Healthy and tasty snacks

Cupcakes, cookies and chips used to be reserved for birthday parties and special occasions. But somehow these sweet treats have found their way onto soccer fields across Cobb County, and that has two local nutritionists crying “foul!”

By Jennifer Hafer | Photography by Katherine Frye

“Everyone wants to be the cool mom who brings the chocolate-covered rice crispy treats, but the problem is, obviously, this is the worst way we can help our children,” said Marietta nutritionist Betsy Thurston, a registered dietician. “Most parents want their kids to be happy with them, but I think parents need to risk a little bit and bring a healthier option.”

Rule No. 1 for healthier after-game snacks, according to Thurston: Avoid packaged, processed and refined foods. Also, look for a lower sugar variety in the snack of your choice or choose fruit.

“Anything that doesn’t have a million ingredients is one way to judge the nutritional value of a snack,” she said. “You should devise every snack based on protein and color; it’s that simple.”

Even though fruit is high in natural sugar, the skin of an apple is high in fiber, which aids in digestion and helps keep kids fuller, longer.

“Juice boxes are the worst,” Thurston said. “They can have the same amount of sugar as a Coke.”

Even chocolate milk can be a better choice for a post-game snack because despite the sugar, it has some nutritional value, providing calcium, vitamin D and potassium.
“As parents, we’re the gatekeeper, and it’s our job to provide the food,” she said. “Parents need to evaluate this culture where we have to reward kids with ‘fun food.’”

Another Marietta nutritionist and registered dietician, Julie Brake, of Positive Nutrition, advised if parents must bring that sideline staple of Gatorade, choose the smaller bottles for older players, 11 and up, but the younger ones don’t need it at all.

“If the kids are sweating a lot, Gatorade can be helpful, but it was invented at the University of Florida and made for college athletes on the football field,” said the UF graduate. “I found in my own children, if you bring water bottles, they don’t turn them down.”

Good carbs like plain crackers or animal crackers will help restore energy spent on the pitch, according to Brake, and good proteins like cheese sticks are useful for muscle rebuilding.

“I like the idea of offering at least three different things, so if their bodies are hungry for the protein, that’s what they’ll choose,” she said. “Fruit can be a really good snack as well because fruit is carbohydrates and carbohydrates give you immediate energy so you don’t feel fatigued.”

It’s also important to eat a balanced diet as a matter of routine, so young athletes’ bodies have the resources they need come game time, Brake said.

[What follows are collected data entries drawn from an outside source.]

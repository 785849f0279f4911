-- ===== src/Sidecar/PeerAddrs.antt =====
-- The addresses that the sidecar gives a new node, as the node's own server reads them.
use raft_implementation.Prelude.{
  ℕ, ◌≡◌, inl, inr, refl, sym, ap, ◌∙◌, true, arith, String, Bool-cases, eq_iff, ◌&&◌, Option, none,
  some, List, [], ◌∷◌, ◌++◌, map, str_eq, if◌then◌else◌, any, GoMap, insert, string_eq, All,
  if-elim, ◌<>◌, trim_space, trim_left, trim_right, trim_left-cons, trim_right-decimal, split_on,
  join_with, split_on-join_with, cut_at, cut_at-append, is_free, is_free-append, digits-IsFree,
  decimal,
}
use text.Mathlib.TextLemmas.{cons-append}
use raft_implementation.Sidecar.Registry.{NodeDef}
use raft_implementation.Sidecar.Docker.{http_pair, build_peer_http_addrs}
use raft_implementation.Kv.Server.Addrs.{
  split_non_empty, add_pair, add_pairs, parse_peer_http_addrs,
}

-- An id without a comma, an equals sign or spaces at its ends.
abbrev pub IsId : String → Type 0
IsId id = (is_free 44 id ≡ true) × (is_free 61 id ≡ true) × (trim_space id ≡ id)

local_addr : (port : ℕ) → trim_space ("localhost:" <> decimal port) ≡ "localhost:" <> decimal port
unfolding trim_space
local_addr port =
    let e = cons-append "l" "ocalhost:" (decimal port) in
    ap trim_right (ap trim_left e ∙ trim_left-cons "l" ("ocalhost:" <> decimal port) refl ∙ sym e)
    ∙ trim_right-decimal "localhost:" port

cut_at-http_pair :
    (id : String) (port : ℕ)
    → IsId id
    → cut_at 61 (http_pair id port) ≡ some (id, "localhost:" <> decimal port)
cut_at-http_pair id port h =
    ap (λ s. cut_at 61 (id <> s)) (cons-append "=" "localhost:" (decimal port))
    ∙ cut_at-append "=" id ("localhost:" <> decimal port) h.1

decimal-free : (port : ℕ) → is_free 44 (decimal port) ≡ true
unfolding decimal
decimal-free port = digits-IsFree "," port port (inl (omega arith))

http_pair-free : (id : String) (port : ℕ) → IsId id → is_free 44 (http_pair id port) ≡ true
unfolding is_free
http_pair-free id port h =
    is_free-append 44 id ("=localhost:" <> decimal port)
    ∙ ap (λ b. b && is_free 44 ("=localhost:" <> decimal port)) h.0
    ∙ is_free-append 44 "=localhost:" (decimal port)
    ∙ decimal-free port

-- What the server stores for each pair.
abbrev Pairs : Type 0
Pairs = List (String × ℕ)

abbrev printed_pairs : Pairs → List String
printed_pairs ps = map (λ p. http_pair p.0 p.1) ps

unfoldable pub address_map : Pairs → GoMap String String → GoMap String String
address_map [] m = m
address_map ((id, port) ∷ ps) m = address_map ps (insert id ("localhost:" <> decimal port) m)

abbrev AllIds : Pairs → Type 0
AllIds ps = All (λ p. IsId p.0) ps

add_pairs-printed :
    (ps : Pairs) (m : GoMap String String)
    → AllIds ps
    → add_pairs (printed_pairs ps) m ≡ address_map ps m
unfolding add_pairs address_map
add_pairs-printed [] m h = refl
add_pairs-printed ((id, port) ∷ ps) m h =
    let one : add_pair m (cut_at 61 (http_pair id port))
        ≡ insert id ("localhost:" <> decimal port) m =
      ap (add_pair m) (cut_at-http_pair id port h.0)
      ∙ ap (λ k. insert k (trim_space ("localhost:" <> decimal port)) m) h.0.2
      ∙ ap (λ v. insert id v m) (local_addr port) in
    ap (add_pairs (printed_pairs ps)) one
    ∙ add_pairs-printed ps (insert id ("localhost:" <> decimal port) m) h.1

printed_pairs-All : (ps : Pairs) → AllIds ps → All (λ s. is_free 44 s ≡ true) (printed_pairs ps)
printed_pairs-All [] h = tt
printed_pairs-All (p ∷ ps) h = (http_pair-free p.0 p.1 h.0, printed_pairs-All ps h.1)

abbrev first_cut : List String → Option (String × String)
first_cut [] = none
first_cut (x ∷ xs) = cut_at 61 x

no_cut : (x : String × String) → some x ≡ none → ⊥
no_cut x h = ground arith

parse-printed :
    (p : String × ℕ) (ps : Pairs)
    → AllIds (p ∷ ps)
    → parse_peer_http_addrs (join_with "," (printed_pairs (p ∷ ps))) ≡ address_map (p ∷ ps) []
unfolding parse_peer_http_addrs split_non_empty cut_at split_on
parse-printed p ps h =
    let raw = join_with "," (printed_pairs (p ∷ ps)) in
    let parts : split_on 44 raw ≡ printed_pairs (p ∷ ps) =
      split_on-join_with "," (http_pair p.0 p.1) (printed_pairs ps) (http_pair-free p.0 p.1 h.0)
        (printed_pairs-All ps h.1) in
    elim (Bool-cases (str_eq raw "")) [
      | inl e ↦ absurd (
          no_cut _ (
            sym (cut_at-http_pair p.0 p.1 h.0)
            ∙ ap first_cut (sym parts ∙ ap (split_on 44) ((eq_iff raw "").0 e))))
      | inr e ↦ rw e (ap (λ xs. add_pairs xs []) parts) ∙ add_pairs-printed (p ∷ ps) [] h
    ]

parse-pairs :
    (ps : Pairs)
    → AllIds ps
    → parse_peer_http_addrs (join_with "," (printed_pairs ps)) ≡ address_map ps []
unfolding parse_peer_http_addrs split_non_empty address_map join_with add_pairs
parse-pairs [] h = refl
parse-pairs (p ∷ ps) h = parse-printed p ps h

-- The addresses of the registry, and the new one if its id is not there.
unfoldable pub known_pairs : List NodeDef → String → ℕ → Pairs
known_pairs nodes id port =
    let ps = map (λ n. (n.id, n.http_port)) nodes in
    if any (λ n. str_eq n.id id) nodes then ps else ps ++ (id, port) ∷ []

printed_nodes :
    (nodes : List NodeDef)
    → map (λ n. http_pair n.id n.http_port) nodes
      ≡ printed_pairs (map (λ n. (n.id, n.http_port)) nodes)
printed_nodes [] = refl
printed_nodes (n ∷ ns) = ap (λ xs. http_pair n.id n.http_port ∷ xs) (printed_nodes ns)

printed-append : (ps qs : Pairs) → printed_pairs (ps ++ qs) ≡ printed_pairs ps ++ printed_pairs qs
printed-append [] qs = refl
printed-append (p ∷ ps) qs = ap (λ xs. http_pair p.0 p.1 ∷ xs) (printed-append ps qs)

build-known_pairs :
    (nodes : List NodeDef) (id : String) (port : ℕ)
    → build_peer_http_addrs nodes id port
      ≡ join_with "," (printed_pairs (known_pairs nodes id port))
unfolding build_peer_http_addrs known_pairs
build-known_pairs nodes id port = elim (Bool-cases (any (λ n. str_eq n.id id) nodes)) [
  | inl e ↦ rw e (ap (join_with ",") (printed_nodes nodes))
  | inr e ↦ rw e (
      ap (join_with ",") (
        ap (λ xs. xs ++ http_pair id port ∷ []) (printed_nodes nodes)
        ∙ sym (printed-append (map (λ n. (n.id, n.http_port)) nodes) ((id, port) ∷ []))))
]

known_pairs-AllIds :
    (nodes : List NodeDef) (id : String) (port : ℕ)
    → All (λ n. IsId n.id) nodes
    → IsId id
    → AllIds (known_pairs nodes id port)
unfolding known_pairs
known_pairs-AllIds nodes id port h k =
    if-elim AllIds (any (λ n. str_eq n.id id) nodes) _ _ (λ e. ids nodes h) (λ e. ids_snoc nodes h)
  where
    ids : (ns : List NodeDef) → All (λ n. IsId n.id) ns → AllIds (map (λ n. (n.id, n.http_port)) ns)
    ids [] g = tt
    ids (n ∷ ns) g = (g.0, ids ns g.1)

    ids_snoc :
        (ns : List NodeDef)
        → All (λ n. IsId n.id) ns
        → AllIds (map (λ n. (n.id, n.http_port)) ns ++ (id, port) ∷ [])
    ids_snoc [] g = (k, tt)
    ids_snoc (n ∷ ns) g = (g.0, ids_snoc ns g.1)

-- If no id has a comma, an equals sign or spaces at its ends: what the node's server parses from
-- the text that the sidecar builds is the map of the registry's ids, and of the new id if it is
-- not there, to their local addresses.
pub parse-build :
    (nodes : List NodeDef) (id : String) (port : ℕ)
    → All (λ n. IsId n.id) nodes
    → IsId id
    → parse_peer_http_addrs (build_peer_http_addrs nodes id port)
      ≡ address_map (known_pairs nodes id port) []
parse-build nodes id port h k =
    ap parse_peer_http_addrs (build-known_pairs nodes id port)
    ∙ parse-pairs (known_pairs nodes id port) (known_pairs-AllIds nodes id port h k)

“Kids are pretty intuitive about what their bodies need,” she said. “If we just give them healthy options and let them decide what and how much, they’ll do OK.”


Fruits:  Provide carbohydrates, which gives an immediate boost of energy. The skin of apples is high in fiber, which aids in digestion and keeps kids fuller longer.

Chia seeds: Whole grains with antioxidants more powerful than blueberries that also contain fiber, protein, calcium, and omega-3s. (Add them to granola or other treats).

Oats: Are high in fiber and a variety of minerals.
Nuts: Rich in energy, protein, antioxidants, vitamins, minerals and omega-3 fatty acids.

Cheese: Provides protein that helps with muscle rebuilding. Also has nutrients calcium, zinc, vitamin A and B12.


Quinoa Oat Granola Bar

1 cup oats

1/2 cup uncooked quinoa, rinsed and drained

2 tablespoons Chia seeds

1/4 teaspoon salt

1 teaspoon cinnamon

2 ripe mashed bananas

1/2 teaspoon vanilla

1/2 cup chopped nuts

1/3 cup raisins or cranberries or craisins

1. Combine all of the above.
2. Meanwhile, on the stove, warm:
1/4 cup almond butter or
peanut butter
2 tablespoons honey or
maple syrup                                                                                                                                       3. Blend with oat mixture; press in a parchment-lined 8X8-inch pan; heat 25 minutes in a 350-degree oven.